Records drawn from a dataset:
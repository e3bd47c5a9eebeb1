-- ===== src/Client/Requests.antt =====
-- src/qwen_tts_bridge/client/qwen_tts_client.cpp: what the dispatcher thread makes of the session's
-- events. Each function is a method; it returns the client and the callbacks that it has to call, in
-- their order. They are called one by one, by the steps of Client/Steps.
use qwen3_tts_bridge_cpp.Common.{
  ℕ, String, Bool, true, false, not, ◌||◌, Option, none, some, List, [], ◌++◌, ◌==◌, if◌then◌else◌,
  length,
}
use text.Mathlib.Text.{◌==◌ as ◌≈◌}
use qwen3_tts_bridge_cpp.Common.Words.{add_u64}
use qwen3_tts_bridge_cpp.Data.{AudioFormat}
use qwen3_tts_bridge_cpp.Control.Messages.{
  ControlMessage, ControlCodec, started_message, completed_message, cancelled_message,
  CompletedMessage,
}
use qwen3_tts_bridge_cpp.Session.Types.{WorkerSessionEvent, WorkerSessionEventType}
use qwen3_tts_bridge_cpp.Session.Calls.{Stopping, stop}
use qwen3_tts_bridge_cpp.Client.Types.{
  QwenTtsClient, ActiveRequest, TtsError, Delivery, completed, completion_metadata, cancelled,
  error, find, erase, update,
}
use qwen3_tts_bridge_cpp.Client.Deliver.{
  sample_count_for_audio, make_local_error, is_none, completion_of, pending_text,
  invoke_user_callback, fail_each, deliver_text, deliver_chunk,
}

module _ {D : Type 0} where
  -- The common part of the terminal events: the request leaves the map.
  unfoldable pub take_request : QwenTtsClient D → ℕ → QwenTtsClient D × Option ActiveRequest
  take_request c request_id = elim (find request_id c.active_requests) [
    | none ↦ (
      record c { duplicate_terminal_event_count = add_u64 c.duplicate_terminal_event_count 1 },
      none,
    )
    | some r ↦ (record c { active_requests = erase request_id c.active_requests }, some r)
  ]

  unfoldable pub clear_outbound_queue_locked : QwenTtsClient D → QwenTtsClient D
  clear_outbound_queue_locked c = record c { outbound_queue = []; queued_outbound_bytes = 0 }

  -- `session->stop()`.
  unfoldable pub stop_session : ControlCodec D → QwenTtsClient D → Stopping → QwenTtsClient D
  stop_session codec c env = record c {
    session = elim c.session [ none ↦ none | some s ↦ some (stop codec s env) ];
  }

module _ (throws : Delivery → Bool) where
  module _ {D : Type 0} where
    unfoldable pub complete_request :
        QwenTtsClient D → ℕ → CompletedMessage → QwenTtsClient D × List Delivery
    complete_request c request_id m =
        let (c', taken) = take_request c request_id in
        let hook = c.options.on_callback_exception in
        elim taken [
          | none ↦ (c', [])
          | some r ↦ (
            c',
            invoke_user_callback throws r.callbacks.on_completion_metadata hook request_id
                  (completion_metadata (completion_of m))
                ++ invoke_user_callback throws r.callbacks.on_completed hook request_id completed,
          )
        ]

    unfoldable pub cancel_request_locally : QwenTtsClient D → ℕ → QwenTtsClient D × List Delivery
    cancel_request_locally c request_id =
        let (c', taken) = take_request c request_id in
        elim taken [
          | none ↦ (c', [])
          | some r ↦ (
            c',
            invoke_user_callback throws r.callbacks.on_cancelled c.options.on_callback_exception
                request_id cancelled,
          )
        ]

    unfoldable pub fail_request : QwenTtsClient D → ℕ → TtsError → QwenTtsClient D × List Delivery
    fail_request c request_id e =
        let (c', taken) = take_request c request_id in
        elim taken [
          | none ↦ (c', [])
          | some r ↦ (
            c',
            invoke_user_callback throws r.callbacks.on_error c.options.on_callback_exception
                request_id (error e),
          )
        ]

    unfoldable pub fail_all_requests : QwenTtsClient D → TtsError → QwenTtsClient D × List Delivery
    fail_all_requests c e = (
      record c { active_requests = [] },
      fail_each throws c.options.on_callback_exception e c.active_requests,
    )

    unfoldable pub handle_started :
        QwenTtsClient D → ℕ → AudioFormat → QwenTtsClient D × List Delivery
    handle_started c request_id format = elim (find request_id c.active_requests) [
      | none ↦ (c, [])
      | some r ↦
          let r' : ActiveRequest = record r {
            audio_format = format;
            text_context_delivered = r.text_context_delivered || not (is_none (pending_text r));
          } in
          (
            record c { active_requests = update request_id r' c.active_requests },
            deliver_text throws r.callbacks.on_text_prepared c.options.on_callback_exception
                request_id (pending_text r),
          )
    ]

    unfoldable pub handle_control_event :
        QwenTtsClient D → ℕ → ControlMessage D → QwenTtsClient D × List Delivery
    handle_control_event c request_id (started_message m) =
        handle_started c request_id m.audio_format
    handle_control_event c request_id (completed_message m) = complete_request c request_id m
    handle_control_event c request_id cancelled_message = cancel_request_locally c request_id
    handle_control_event c request_id _ = (c, [])

    -- An audio event of the request `r`, of `count` samples.
    unfoldable pub accept_audio :
        QwenTtsClient D → ℕ → ActiveRequest → List ℕ → ℕ → QwenTtsClient D × List Delivery
    accept_audio c request_id r bytes count =
        let hook = c.options.on_callback_exception in
        let r' : ActiveRequest = record r {
          next_sample = add_u64 r.next_sample count;
          text_context_delivered = r.text_context_delivered || not (is_none (pending_text r));
        } in
        (
          record c { active_requests = update request_id r' c.active_requests },
          deliver_text throws r.callbacks.on_text_prepared hook request_id (pending_text r)
              ++ deliver_chunk throws r.callbacks hook (record {
                request_id = request_id;
                format = r.audio_format;
                bytes = bytes;
                first_sample = r.next_sample;
                sample_count = count;
              }),
        )

    unfoldable pub handle_audio_event :
        QwenTtsClient D → ℕ → List ℕ → QwenTtsClient D × List Delivery
    handle_audio_event c request_id bytes = elim (find request_id c.active_requests) [
      | none ↦ (
        record c { late_audio_after_terminal_count = add_u64 c.late_audio_after_terminal_count 1 },
        [],
      )
      | some r ↦ elim (sample_count_for_audio r.audio_format (length bytes)) [
        | some count ↦ accept_audio c request_id r bytes count
        | none ↦
            if length bytes == 0
            then accept_audio c request_id r bytes 0
            else fail_request c request_id (
                make_local_error request_id "protocol_error" "invalid_audio_timeline"
                  "worker audio payload has an unsupported format or incomplete sample frame")
      ]
    ]

    unfoldable pub handle_worker_error :
        QwenTtsClient D → WorkerSessionEvent D → QwenTtsClient D × List Delivery
    handle_worker_error c event =
        let e : TtsError = record {
          request_id = event.request_id;
          category = event.error.category;
          code = event.error.code;
          message = event.error.message;
        } in
        if event.request_id == 0 then fail_all_requests c e else fail_request c event.request_id e

    unfoldable pub handle_local_error :
        ControlCodec D
        → QwenTtsClient D
        → WorkerSessionEvent D
        → String
        → String
        → Stopping
        → QwenTtsClient D × List Delivery
    handle_local_error codec c event category code env =
        let c' =
          clear_outbound_queue_locked
            (record c { terminal_failure_handled = true; running = false; stopping = true }) in
        let message = if event.message ≈ "" then code else event.message in
        if c.terminal_failure_handled
        then (c, [])
        else fail_all_requests (stop_session codec c' env)
            (make_local_error event.request_id category code message)

    unfoldable pub handle_event_of :
        ControlCodec D
        → QwenTtsClient D
        → WorkerSessionEvent D
        → Stopping
        → WorkerSessionEventType
        → QwenTtsClient D × List Delivery
    handle_event_of codec c event env WorkerSessionEventType.control =
        handle_control_event c event.request_id event.control
    handle_event_of codec c event env WorkerSessionEventType.audio =
        handle_audio_event c event.request_id event.audio
    handle_event_of codec c event env WorkerSessionEventType.worker_error =
        handle_worker_error c event
    handle_event_of codec c event env WorkerSessionEventType.transport_error =
        handle_local_error codec c event "transport_error" "transport_error" env
    handle_event_of codec c event env WorkerSessionEventType.protocol_error =
        handle_local_error codec c event "protocol_error" "protocol_error" env
    handle_event_of codec c event env WorkerSessionEventType.session_error =
        handle_local_error codec c event "session_error" "session_error" env
    handle_event_of codec c event env WorkerSessionEventType.exited =
        handle_local_error codec c event "transport_error" "worker_exited" env

    unfoldable pub handle_event :
        ControlCodec D
        → QwenTtsClient D
        → WorkerSessionEvent D
        → Stopping
        → QwenTtsClient D × List Delivery
    handle_event codec c event env = handle_event_of codec c event env event.kind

■ What you have to do
Only the lines above from the one with "-- The common" through the one with "duplicate_terminal_event_count = add_u64" should be duplicated, character for character.

■ Expected answer
  -- The common part of the terminal events: the request leaves the map.
  unfoldable pub take_request : QwenTtsClient D → ℕ → QwenTtsClient D × Option ActiveRequest
  take_request c request_id = elim (find request_id c.active_requests) [
    | none ↦ (
      record c { duplicate_terminal_event_count = add_u64 c.duplicate_terminal_event_count 1 },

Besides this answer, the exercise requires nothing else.